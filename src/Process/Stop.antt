-- ===== src/Process/Stop.antt =====
-- proc.go, `StopProcess`: which signals a process gets, and what is returned.
use pepperbus.Base.{
  ℕ, zero, suc, ◌+◌, ◌<◌, ◌≤◌, ◌≡◌, refl, ap, sym, ◌==◌, ==_iff, ◌∙◌, Bool, true, false, List, [],
  ◌∷◌, Option, none, if◌then◌else◌, Bool-cases, inl, inr, arith,
}
use pepperbus.Base.Int.{ℤ, pos, ltb_ℤ}
use pepperbus.Process.{
  Errno, Signal, interrupt, probe, force, is_gone, Stopped, unless_gone, wait_for, stop_process,
}

abbrev probes : ℕ → List Signal
probes zero = force ∷ probe ∷ []
probes (suc left) = probe ∷ probes left

-- SIGINT, ten questions, SIGKILL and a last question.
abbrev pub plan : List Signal
plan = interrupt ∷ probes 10

-- Whether SIGKILL is among the signals.
abbrev pub forced : List Signal → Bool
forced [] = false
forced (interrupt ∷ rest) = forced rest
forced (probe ∷ rest) = forced rest
forced (force ∷ rest) = true

module _ (kill : ℕ → Option Errno) where
  -- The part of a plan up to the signal that found no process, the first being signal i, and what
  -- is returned: nothing in that case, and the last answer otherwise.
  abbrev pub up_to_gone : ℕ → List Signal → List Signal
  up_to_gone i [] = []
  up_to_gone i (signal ∷ rest) =
      let more = up_to_gone (suc i) rest in if is_gone (kill i) then signal ∷ [] else signal ∷ more

  abbrev pub last_answer : ℕ → Option Errno → List Signal → Option Errno
  last_answer i e [] = e
  last_answer i e (signal ∷ rest) =
      let more = last_answer (suc i) (kill i) rest in if is_gone (kill i) then none else more

  abbrev Follows : ℕ → Option Errno → List Signal → Stopped → Type 0
  Follows i e signals r = (r.sent ≡ up_to_gone i signals) × (r.error ≡ last_answer i e signals)

  -- One signal in front of a plan that is followed.
  unless_gone-Follows :
      (signal : Signal) (i : ℕ) (e : Option Errno) (rest : List Signal) (next : Stopped)
      → Follows (suc i) (kill i) rest next
      → Follows i e (signal ∷ rest) (unless_gone signal (kill i) next)
  unless_gone-Follows signal i e rest next (sent, error) = elim (Bool-cases (is_gone (kill i))) [
    | inl gone ↦ rw gone (refl, refl)
    | inr there ↦ rw there (ap (◌∷◌ signal) sent, error)
  ]

  wait_for-Follows :
      (left i : ℕ) (e : Option Errno) → Follows i e (probes left) (wait_for kill left i)
  unfolding wait_for
  wait_for-Follows zero i e = unless_gone-Follows force i e (probe ∷ []) _ (
      unless_gone-Follows probe (suc i) (kill i) [] (record { error = kill (suc i); sent = [] })
        (refl, refl))
  wait_for-Follows (suc left) i e =
      unless_gone-Follows probe i e (probes left) (wait_for kill left (suc i))
        (wait_for-Follows left (suc i) (kill i))

  -- Every signal from i on, and before n, found the process.
  abbrev Found : ℕ → ℕ → Type 0
  Found i n = (k : ℕ) → i ≤ k → k < n → is_gone (kill k) ≡ false

  -- A plan that gets to SIGKILL found the process with every signal before.
  Found-first :
      (signal : Signal) (rest : List Signal) (i n : ℕ)
      → ((s : List Signal) → forced (signal ∷ s) ≡ forced s)
      → (forced (up_to_gone (suc i) rest) ≡ true → Found (suc i) n)
      → forced (up_to_gone i (signal ∷ rest)) ≡ true
      → Found i n
  Found-first signal rest i n plain later h k low high = elim (Bool-cases (is_gone (kill i))) [
    | inl gone ↦ ground (arith, rw gone at h, plain [])
    | inr there ↦ elim (Bool-cases (k == i)) [
      | inl same ↦ rw ((==_iff k i).0 same) there
      | inr other ↦
          later (sym (plain (up_to_gone (suc i) rest)) ∙ rw there at h) k
            (ground (arith, low, other)) high
    ]
  ]

  Found-probes : (left i : ℕ) → forced (up_to_gone i (probes left)) ≡ true → Found i (i + left)
  Found-probes zero i h k low high = absurd (omega (arith, low, high))
  Found-probes (suc left) i h k low high =
      Found-first probe (probes left) i (suc i + left) (λ s. refl) (Found-probes left (suc i)) h k
        low (omega (arith, high))

  -- For a process (its number is not negative) `StopProcess` sends SIGINT, ten times the signal 0,
  -- SIGKILL and the signal 0, up to the first that finds no process; so SIGKILL is sent only where
  -- the eleven signals before it found the process. It returns no error if a signal found no
  -- process, and the answer to the last signal otherwise: no error as well, if the process is
  -- still there.
  pub stop_process_lem :
      (pid : ℤ)
      → ltb_ℤ pid (pos 0) ≡ false
      → let r = stop_process kill pid in
        (r.sent ≡ up_to_gone 0 plan)
        × (r.error ≡ last_answer 0 none plan)
        × (forced r.sent ≡ true → (k : ℕ) → k < 11 → is_gone (kill k) ≡ false)
  unfolding stop_process
  stop_process_lem pid h =
      let (sent, error) =
        unless_gone-Follows interrupt 0 none (probes 10) (wait_for kill 10 1)
          (wait_for-Follows 10 1 (kill 0)) in
      rw h (
        sent,
        error,
        λ f k small.
            Found-first interrupt (probes 10) 0 11 (λ s. refl) (Found-probes 10 1)
              (sym (ap forced sent) ∙ f) k (omega arith) small,
      )
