-- ===== src/Setting.antt =====
-- setting.go: what the bus makes of the settings that the configuration service sends. The decoding
-- of JSON is a parameter.
pub mod Serving
use pepperbus.Base.{List, [], ◌∷◌, ◌++◌, Bool, Option, none, some}
use pepperbus.Base.Text.{Text, codes, split_once}
use pepperbus.Base.Map.{Map}
use pepperbus.Config.{QueueConfig, StorageConfig}
use pepperbus.Config.Tags.{mark_tags}
use pepperbus.Ids.{service_id}
use pepperbus.Job.Parse.{slash}
use pepperbus.MuxServer.{MuxServer, Cmd, update_configs}

-- The settings of `data.Global` and `data.Queue` that are read here.
pub record Global : Type 0 where
  pub gateway_ip : Text
  pub gateway_port : Text
  pub admin_ip : Text
  pub admin_port : Text

pub record Settings : Type 0 where
  pub queue_config : Text
  pub tags_mapping : Text
  pub tags : List Text

pub record ServerConfig : Type 0 where
  pub gateway_ip : Text
  pub gateway_port : Text
  pub admin_ip : Text
  pub admin_port : Text

-- `json.Unmarshal` into the configurations of the queues and into the tags; `none` is an error.
pub record Decoders : Type 0 where
  pub queues : Text → Option (Map QueueConfig)
  pub mapping : Text → Option (Map (Map (List Text)))

-- The sections of the configuration that a node reads, and its domain.
abbrev sections_of : Text → Text → Option (Text × Text) → Text × List Text
sections_of domain node none =
    (domain, codes "/global.conf" ∷ codes "/queue.conf" ∷ (codes "/queue.conf/" ++ node) ∷ [])
sections_of domain node (some (first, sub)) = (
  first,
  (sub ++ codes "/global.conf")
      ∷ (sub ++ codes "/queue.conf")
      ∷ (sub ++ (codes "/queue.conf/" ++ node))
      ∷ [],
)

unfoldable pub sections : Text → Text → Text × List Text
unfolding split_once
sections domain node = sections_of domain node (split_once slash domain)

-- `parseErrorCollection`, `parseTaskDebug`: no text is the empty configuration.
abbrev pub parse_storage :
    (Text → Option StorageConfig) → StorageConfig → Text → Option StorageConfig
parse_storage decode empty [] = some empty
parse_storage decode empty (c ∷ s) = decode (c ∷ s)

abbrev marked :
    List Text → Map QueueConfig → Option (Map (Map (List Text))) → Option (Map QueueConfig)
marked tags configs none = none
marked tags configs (some mapping) = some (mark_tags tags mapping configs)

abbrev with_tags : Decoders → Settings → Option (Map QueueConfig) → Option (Map QueueConfig)
with_tags d s none = none
with_tags d s (some configs) = marked s.tags configs (d.mapping s.tags_mapping)

-- `parseQueueConfig`.
unfoldable pub parse_queue_config : Decoders → Settings → Option (Map QueueConfig)
unfolding mark_tags
parse_queue_config d s = with_tags d s (d.queues s.queue_config)

-- What `updateServer`, `updateQueue` and `updateServiceId` store.
pub record Stored : Type 0 where
  pub server : ServerConfig
  pub queues : Map QueueConfig
  pub id : Text

-- `updateServer`.
unfoldable pub update_server : Global → ServerConfig
update_server g = record {
  gateway_ip = g.gateway_ip;
  gateway_port = g.gateway_port;
  admin_ip = g.admin_ip;
  admin_port = g.admin_port;
}

module _ (deep_equal : QueueConfig → QueueConfig → Bool) (d : Decoders) where
  abbrev with_queues :
      Global → Text → MuxServer → Option (Map QueueConfig) → Option (Stored × List Cmd)
  with_queues g inner_ip ms none = none
  with_queues g inner_ip ms (some configs) = some (
    record { server = update_server g; queues = configs; id = service_id inner_ip g.gateway_port },
    update_configs deep_equal configs ms,
  )

  -- `UpdateSetting`: what is stored, and the commands that the mux server gets; `none` is the panic
  -- of `updateQueue`.
  unfoldable pub update_setting : Global → Text → Settings → MuxServer → Option (Stored × List Cmd)
  unfolding parse_queue_config update_server
  update_setting g inner_ip s ms = with_queues g inner_ip ms (parse_queue_config d s)
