-- ===== src/Process/Worker.antt =====
-- shell_worker.go and proc.go: the loop that starts a worker's process again and again, and the
-- monitor of a process.
use pepperbus.Base.{List, [], ◌∷◌, ◌++◌, Bool, true, false, Option}
use pepperbus.Base.Int.{ℤ}
use pepperbus.Base.Signed.{format_int}
use pepperbus.Base.Text.{Text, codes}
use pepperbus.Setting.{ServerConfig}

-- The fields of `WorkerConfig` and `TopicConfig` that go to the process.
pub record WorkerConfig : Type 0 where
  pub script : Text
  pub entry : Text
  pub max_children : ℤ
  pub max_task : ℤ

-- `Serve`: the arguments of the process.
unfoldable pub worker_args : WorkerConfig → Text → Text → Text → ServerConfig → List Text
worker_args conf queue name password server =
    conf.script
    ∷ codes "-q"
    ∷ (queue ++ (codes "/" ++ name))
    ∷ codes "-h"
    ∷ server.gateway_ip
    ∷ codes "-p"
    ∷ server.gateway_port
    ∷ codes "-a"
    ∷ password
    ∷ codes "-t"
    ∷ format_int conf.max_task
    ∷ codes "-H"
    ∷ conf.entry
    ∷ []

-- How a try to run the process ends.
pub data Ran : Type 0 where
  not_started : Ran
  ended : Option Text → Ran

-- What the loop does: it starts a process, and waits for two seconds after one that did not start.
pub data Act : Type 0 where
  start pause : Act

abbrev acts_of : Ran → List Act
acts_of not_started = start ∷ pause ∷ []
acts_of (ended e) = start ∷ []

-- The loop of one child: whether the worker was closed at each round, and how its process ends.
-- (`true` beside the acts: the loop returned.)
unfoldable pub child_loop : List (Bool × Ran) → List Act × Bool
child_loop [] = ([], false)
child_loop ((true, ran) ∷ rest) = ([], true)
child_loop ((false, ran) ∷ rest) =
    let (acts, returned) = child_loop rest in (acts_of ran ++ acts, returned)

-- How the monitor ends: it stops the process, or it saw it exit.
pub data Watched : Type 0 where
  stops exited watching : Watched

-- `monitor`, over whether the worker was closed and whether the process has exited, every second.
unfoldable pub monitor : List (Bool × Bool) → Watched
monitor [] = watching
monitor ((true, gone) ∷ rest) = stops
monitor ((false, true) ∷ rest) = exited
monitor ((false, false) ∷ rest) = monitor rest
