-- ===== src/Records.antt =====
-- task_debug.go and error_collection.go: the records of pushed tasks and of failed jobs, which are
-- kept in Redis lists as fields joined by ",,,,". The time, the host and the printed batch are
-- arguments.
pub mod Trim
pub mod ReadBack
use pepperbus.Base.{
  ℕ, zero, suc, ◌-◌, List, [], ◌∷◌, ◌++◌, Bool, true, false, Option, none, some, length,
  if◌then◌else◌,
}
use pepperbus.Base.Int.{ℤ, pos, pos_part, leb_ℤ}
use pepperbus.Base.Text.{Text, codes, has_prefix, add_front}
use pepperbus.Redis
use pepperbus.Redis.Wire.{Server, Result, ok, err}

abbrev pub separator : Text
separator = codes ",,,,"

-- `strings.Split` at the separator; the number counts the bytes of a separator still to be skipped.
unfoldable pub split_fields : ℕ → Text → List Text
unfolding has_prefix
split_fields k [] = [] ∷ []
split_fields (suc k) (c ∷ s) = split_fields k s
split_fields zero (c ∷ s) =
    let behind = split_fields 3 s in
    let later = split_fields zero s in
    if has_prefix (c ∷ s) separator then [] ∷ behind else add_front c later

unfoldable pub task_key : Text → Text
task_key q = codes "TD:" ++ q

unfoldable pub error_key : Text → Text → Text
error_key q t = codes "EC:" ++ (q ++ (codes ":" ++ t))

unfoldable pub task_info : Text → Text → Text
task_info now task = now ++ (separator ++ task)

-- The record of an error; the last field is there where the error is.
unfoldable pub error_info : Text → Text → Text → Text → Text → Text → Option Text → Text
error_info now jobs code error_code body host message =
    now
    ++ (separator
        ++ (jobs
            ++ (separator
                ++ (code
                    ++ (separator
                        ++ (error_code
                            ++ (separator
                                ++ (body
                                    ++ (codes " ------ [Host] " ++ (host ++ last message))))))))))
  where
    last : Option Text → Text
    last none = []
    last (some e) = separator ++ e

pub record TaskDebugData : Type 0 where
  pub time : Text
  pub jobs : Text

pub record ErrorCollectionData : Type 0 where
  pub time : Text
  pub jobs : Text
  pub sys_code : Text
  pub sys_error : Text
  pub user_code : Text
  pub user_msg : Text

-- The records of a list that have two fields; the others, and those that are no bytes, are left out.
abbrev with_task : List Text → List TaskDebugData → List TaskDebugData
with_task (time ∷ jobs ∷ []) rest = record { time = time; jobs = jobs } ∷ rest
with_task fields rest = rest

unfoldable pub read_tasks : List (Option Text) → List TaskDebugData
unfolding split_fields
read_tasks [] = []
read_tasks (none ∷ values) = read_tasks values
read_tasks (some v ∷ values) = with_task (split_fields zero v) (read_tasks values)

abbrev with_error : List Text → List ErrorCollectionData → List ErrorCollectionData
with_error (time ∷ jobs ∷ code ∷ user_code ∷ msg ∷ []) rest =
    record {
      time = time;
      jobs = jobs;
      sys_code = code;
      sys_error = [];
      user_code = user_code;
      user_msg = msg;
    }
    ∷ rest
with_error (time ∷ jobs ∷ code ∷ user_code ∷ msg ∷ error ∷ []) rest =
    record {
      time = time;
      jobs = jobs;
      sys_code = code;
      sys_error = error;
      user_code = user_code;
      user_msg = msg;
    }
    ∷ rest
with_error fields rest = rest

unfoldable pub read_errors : List (Option Text) → List ErrorCollectionData
unfolding split_fields
read_errors [] = []
read_errors (none ∷ values) = read_errors values
read_errors (some v ∷ values) = with_error (split_fields zero v) (read_errors values)

-- The last index that is read: ten records, where no positive number is asked for.
abbrev pub last_index : ℤ → ℕ
last_index n = if leb_ℤ n (pos 0) then 9 else pos_part n - 1

module _ (server : Server) where
  open server use {Store}

  abbrev pub trimmed : Text → Result ℤ → Store → Store
  trimmed key (err e) s = s
  trimmed key (ok count) s =
      let s' = (Redis.ltrim server key 0 50 s).1 in if leb_ℤ (pos 100) count then s' else s

  -- `AddTask`.
  unfoldable pub add_task : Bool → Text → Text → Text → Store → Store
  unfolding task_info task_key
  add_task false q now task s = s
  add_task true q now task s =
      let key = task_key q in
      let s1 = (Redis.lpush server key (task_info now task ∷ []) s).1 in
      let (count, s2) = Redis.llen server key s1 in trimmed key count s2

  abbrev pub tasks_of : Result (List (Option Text)) → Option (List TaskDebugData)
  tasks_of (err e) = none
  tasks_of (ok values) = some (read_tasks values)

  -- `GetTask`: `none` is nil.
  unfoldable pub get_task : Bool → Text → ℤ → Store → Option (List TaskDebugData)
  unfolding task_key read_tasks
  get_task false q n s = none
  get_task true q n s = tasks_of (Redis.lrange server (task_key q) 0 (last_index n) s).0

  -- `AddError`.
  unfoldable pub add_error :
      Bool → Text → Text → Text → Text → Text → Text → Text → Text → Option Text → Store → Store
  unfolding error_info error_key
  add_error false q t now jobs code error_code body host message s = s
  add_error true q t now jobs code error_code body host message s =
      (Redis.lpush server (error_key q t)
        (error_info now jobs code error_code body host message ∷ []) s).1

  abbrev errors_of : Result (List (Option Text)) → Option (List ErrorCollectionData)
  errors_of (err e) = none
  errors_of (ok values) = some (read_errors values)

  -- `GetError`: `none` is nil.
  unfoldable pub get_error : Bool → Text → Text → ℤ → Store → Option (List ErrorCollectionData)
  unfolding error_key read_errors
  get_error false q t n s = none
  get_error true q t n s = errors_of (Redis.lrange server (error_key q t) 0 (last_index n) s).0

WORK INSTRUCTIONS :: Reproduce exactly, please, only the lines from the start of the data above to the line that contains "-- Whether SIGKILL is among the signals.", with both ends kept.

ANSWER BOX ::
filename src/Process/Stop.antt
-- ===== src/Process/Stop.antt =====
-- proc.go, `StopProcess`: which signals a process gets, and what is returned.
use pepperbus.Base.{
  ℕ, zero, suc, ◌+◌, ◌<◌, ◌≤◌, ◌≡◌, refl, ap, sym, ◌==◌, ==_iff, ◌∙◌, Bool, true, false, List, [],
  ◌∷◌, Option, none, if◌then◌else◌, Bool-cases, inl, inr, arith,
}
use pepperbus.Base.Int.{ℤ, pos, ltb_ℤ}
use pepperbus.Process.{
  Errno, Signal, interrupt, probe, force, is_gone, Stopped, unless_gone, wait_for, stop_process,
}

abbrev probes : ℕ → List Signal
probes zero = force ∷ probe ∷ []
probes (suc left) = probe ∷ probes left

-- SIGINT, ten questions, SIGKILL and a last question.
abbrev pub plan : List Signal
plan = interrupt ∷ probes 10

-- Whether SIGKILL is among the signals.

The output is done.